Rep. Jim Costa, a Fresno Democrat whose district includes Reedley, said the amount of biological agents inside the warehouse were “enough to scare the bejeezus out of anyone.”

“All it takes to set up a private lab in America is to get a business license,” Costa added.

“These are gaps that we should all be concerned about,” he said.

The CDC inspected the lab site in early May, the report notes, but only after Costa intervened on behalf of the city to press the agency to investigate the warehouse.

But because CDC didn’t test the pathogens discovered in the refrigerators and freezers in the warehouse, “we still don’t have a clear view” of what was there, McCarthy said.

The report states that the CDC insisted “that there was ‘no evidence’ that Select Agents were within (the Reedley lab) or that Zhu and UMI imported infectious agents and ‘insufficient evidence at this time’ of legal violations.”

But, the report adds, the CDC “seems to have made this claim without conducting any investigation beyond reading the labels that were in English on a limited number of the pathogenic samples.”

Costa noted that the lab served to fuel speculation about China’s involvement and the origins of COVID-19 in that country. “What better way to create havoc” than to potentially spread diseases through such labs, Costa said. “I don’t think we clearly know today” the Reedley lab’s ultimate purpose, he added.

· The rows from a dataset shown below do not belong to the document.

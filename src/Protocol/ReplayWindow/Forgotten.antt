-- ===== src/Protocol/ReplayWindow/Forgotten.antt =====
-- The queue evicts by arrival and not by number, so a window can forget a number that is not old.
use access_security_system_e.Common.{
  ℕ, ◌+◌, ◌≤◌, ◌<◌, ◌≡◌, refl, ap, true, false, List, [], ◌∷◌, ◌++◌, arith, length, length-append,
  ltb, if◌then◌else◌, Bool-cases, inl, inr, le→ltb, lt→ltb,
}
use access_security_system_e.Common.Sets.{mem, insert, erase, mem-insert, mem-erase}
use access_security_system_e.Protocol.ReplayWindow.{
  ReplayWindow, is_too_old, contains, evict_oldest_if_full, drop_front, push_seq, remember, accept,
}
use access_security_system_e.Protocol.ReplayWindow.Invariant.{IsWindow}
use access_security_system_e.Protocol.ReplayWindow.InOrder.{remember_above, accept_above}

-- A full window makes room for a new number.
after_full :
    (w : ReplayWindow) (s f : ℕ) (rest : List ℕ)
    → w.order ≡ f ∷ rest
    → w.window < length w.order + 1
    → evict_oldest_if_full (push_seq w s) ≡ record w {
      max_seen = if ltb w.max_seen s then s else w.max_seen;
      seen = erase f (insert s w.seen);
      order = rest ++ s ∷ [];
    }
unfolding evict_oldest_if_full push_seq drop_front
after_full w s f rest e h =
    let order : w.order ++ s ∷ [] ≡ f ∷ (rest ++ s ∷ []) = ap (λ (l : List ℕ). l ++ s ∷ []) e in
    rw (
      lt→ltb w.window (length (w.order ++ s ∷ [])) (omega (arith, length-append w.order (s ∷ []))),
      order,
      drop_front,
    )

after_room :
    (w : ReplayWindow) (s : ℕ)
    → length w.order + 1 ≤ w.window
    → evict_oldest_if_full (push_seq w s) ≡ push_seq w s
unfolding evict_oldest_if_full push_seq
after_room w s h =
    rw
      (le→ltb w.window (length (w.order ++ s ∷ [])) (omega (arith, length-append w.order (s ∷ []))))

known_after :
    (w : ReplayWindow) (s : ℕ) (l : List ℕ)
    → w.order ≡ l
    → IsWindow w
    → 0 < w.window
    → mem s w.seen ≡ false
    → mem s (evict_oldest_if_full (push_seq w s)).seen ≡ true
unfolding push_seq mem
known_after w s [] e v h new =
    rw (after_room w s (ground arith)) (ground (arith, mem-insert s s w.seen))
known_after w s (f ∷ rest) e v h new = elim (Bool-cases (ltb w.window (length w.order + 1))) [
  | inl full ↦
      rw (after_full w s f rest e (ground arith))
        (ground (arith, mem-erase s f (insert s w.seen), mem-insert s s w.seen, v.same s))
  | inr room ↦ rw (after_room w s (ground arith)) (ground (arith, mem-insert s s w.seen))
]

pub remembered :
    (w : ReplayWindow) (s : ℕ) → IsWindow w → 0 < w.window → contains (remember w s) s ≡ true
unfolding remember
remembered w s v h = elim (Bool-cases (contains w s)) [
  | inl old ↦ rw old old
  | inr new ↦ rw new (
      unfold contains in
      ground (arith, known_after w s w.order refl v h (unfold contains in ground arith)))
]

-- In a well-formed window of positive size, a repetition right after the acceptance is refused,
-- whatever the order of arrival was.
pub accept_twice :
    (w : ReplayWindow) (s : ℕ) → IsWindow w → 0 < w.window → (accept (accept w s).0 s).1 ≡ false
unfolding accept
accept_twice w s v h = elim (Bool-cases (contains w s)) [
  | inl old ↦ rw (old, old)
  | inr new ↦ rw (new, remembered w s v h)
]

-- A full window whose oldest arrival `x` lies within `window` of the next number: the next number
-- evicts `x`, and a frame that repeats `x` is accepted a second time.
pub accept_forgets :
    (w : ReplayWindow) (x : ℕ) (rest : List ℕ)
    → IsWindow w
    → w.order ≡ x ∷ rest
    → length w.order ≡ w.window
    → w.max_seen + 1 < x + w.window
    → ((accept w x).1 ≡ false) × ((accept (accept w (w.max_seen + 1)).0 x).1 ≡ true)
unfolding accept contains
accept_forgets w x rest v e full near =
    let top : ℕ = w.max_seen + 1 in
    let front : mem x w.order ≡ true = unfold mem in ground arith in
    (
      ground (arith, v.same x),
      rw
          (
            accept_above w top v (omega arith),
            remember_above w top v (omega arith),
            after_full w top x rest e (omega arith),
          )
          (unfold is_too_old in ground (arith, mem-erase x x (insert top w.seen))),
    )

“The world has changed,” Costa said. “We know China is an adversary and a competitor, and they are a vast market.”

“At a minimum, the Reedley Biolab shows the profound threat that unlicensed and unknown biolabs post to our country,” the report concluded. “At worst, this investigation revealed profound gaps in our nation’s defenses and pathogen-related regulations that present a grave national security risk that could be exploited in the future.”

Costa said that the “responsibility is vague at best” over what authority different officials have. Unaddressed, he said, “we could have a whole lot of problems on our hands.”

The chairman of the select committee, Rep. Mike Gallagher, R-Wisconsin, said the report “was not a policy report,” but intended to lay out facts for legislators to take constructive steps moving forward.

One idea, he said, is to ensure better responsiveness from federal agencies, including better communication between the CDC and others.